Each listener container has an error handler. The default, ConditionalRejectingErrorHandler, treats certain exceptions as fatal, meaning retrying is pointless, so the message is rejected immediately rather than retried. Message conversion failures (a payload that can never deserialize) are fatal by default, which is exactly what you want: a malformed message should not be retried four times.

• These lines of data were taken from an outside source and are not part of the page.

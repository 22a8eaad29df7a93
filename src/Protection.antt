-- ===== src/Protection.antt =====
-- services/protections.py: the levels of a group protection.
-- `source_levels` and `source_baselines` are dictionaries over four keys: a record with an optional
-- number for each key. Levels and counts are natural numbers, as every writer keeps them.
pub mod Levels
use rollpig_cloud.Base.{
  ℕ, ◌+◌, ◌-◌, min, max, Bool, true, false, not, ◌&&◌, Option, none, some, ltb, leb, ◌==◌,
  if◌then◌else◌, is_some, get_or,
}

pub data Source : Type 0 where
  daily manual pig legacy : Source

-- A dictionary from sources to numbers.
pub record Sources : Type 0 where
  pub daily : Option ℕ
  pub manual : Option ℕ
  pub pig : Option ℕ
  pub legacy : Option ℕ

abbrev pub no_sources : Sources
no_sources = record { daily = none; manual = none; pig = none; legacy = none }

abbrev only_legacy : ℕ → Sources
only_legacy level = record no_sources { legacy = some level }

abbrev pub only_manual : ℕ → Sources
only_manual level = record no_sources { manual = some level }

-- `d.get(source)`
abbrev pub source_get : Source → Sources → Option ℕ
source_get daily d = d.daily
source_get manual d = d.manual
source_get pig d = d.pig
source_get legacy d = d.legacy

pub record GroupProtection : Type 0 where
  pub protect_date : ℕ
  pub group_id : ℕ
  pub user_id : ℕ
  pub roast_success_count : ℕ
  pub source_levels : Option Sources
  pub source_baselines : Option Sources
  pub base_level : ℕ
  pub consecutive_days : ℕ

abbrev pub protection_sources : GroupProtection → Sources
protection_sources row = get_or row.source_levels (only_legacy row.base_level)

-- `row.source_baselines or {}`
abbrev pub protection_baselines : GroupProtection → Sources
protection_baselines row = get_or row.source_baselines no_sources

-- One entry of `protection_levels`; `-` stops at 0 as `max(0, …)` does.
abbrev pub source_level : ℕ → Option ℕ → Option ℕ → Option ℕ
source_level count none baseline = none
source_level count (some level) baseline = some (min 5 (level + (count - get_or baseline 0)))

unfoldable pub protection_levels : GroupProtection → Sources
protection_levels row =
    let sources = protection_sources row in
    let baselines = protection_baselines row in
    let count = row.roast_success_count in
    record {
      daily = source_level count sources.daily baselines.daily;
      manual = source_level count sources.manual baselines.manual;
      pig = source_level count sources.pig baselines.pig;
      legacy = source_level count sources.legacy baselines.legacy;
    }

-- `max(d.values(), default=0)`
abbrev pub highest : Sources → ℕ
highest d =
    max (max (get_or d.daily 0) (get_or d.manual 0)) (max (get_or d.pig 0) (get_or d.legacy 0))

unfoldable pub protection_level : GroupProtection → ℕ
unfolding protection_levels
protection_level row = highest (protection_levels row)

-- `d.get(source) == n`
abbrev holds : Option ℕ → ℕ → Bool
holds none n = false
holds (some a) n = a == n

pub protection_source : GroupProtection → Source
unfolding protection_levels
protection_source row =
    let levels = protection_levels row in
    let top = highest levels in
    if holds levels.daily top
    then daily
    else if holds levels.manual top
    then manual
    else if holds levels.pig top
    then pig
    else legacy

unfoldable pub inherit_global_protection : GroupProtection → ℕ → GroupProtection
unfolding protection_level
inherit_global_protection row group =
    let level = protection_level row in
    record {
      protect_date = row.protect_date;
      group_id = group;
      user_id = row.user_id;
      roast_success_count = 0;
      source_levels = some (only_legacy level);
      source_baselines = some (only_legacy 0);
      base_level = level;
      consecutive_days = 0;
    }

unfoldable pub is_historical_daily_protection : GroupProtection → Bool
is_historical_daily_protection row =
    let sources = protection_sources row in
    is_some sources.legacy && not (is_some sources.daily) && ltb 0 row.consecutive_days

You can declare your own exceptions fatal by throwing AmqpRejectAndDontRequeueException, which tells the container to reject without requeue regardless of retry config:

@RabbitListener(queues = "inventory.queue")
public void onOrderCreated(OrderCreated event) {
    if (!isValid(event)) {
        throw new AmqpRejectAndDontRequeueException("invalid order payload");
    }
    inventoryService.reserve(event); // transient failures here get retried
}

5. Putting it together

A robust consumer combines the pieces:

  1. Enable retry with exponential backoff for transient failures.
  2. Throw AmqpRejectAndDontRequeueException for deterministic failures so they skip retries.
  3. Configure a dead-letter exchange so exhausted or rejected messages are captured, not lost.
  4. Alert on the dead-letter queue depth so failures are visible.

Steps 3 and 4 are the subject of the next module.


Checkpoint

You should now be able to:

  • Tell a transient failure from a deterministic one.
  • Configure listener retry with exponential backoff and a sane attempt limit.
  • Reject deterministic failures immediately with AmqpRejectAndDontRequeueException.
  • Route exhausted messages to an error destination instead of losing or looping them.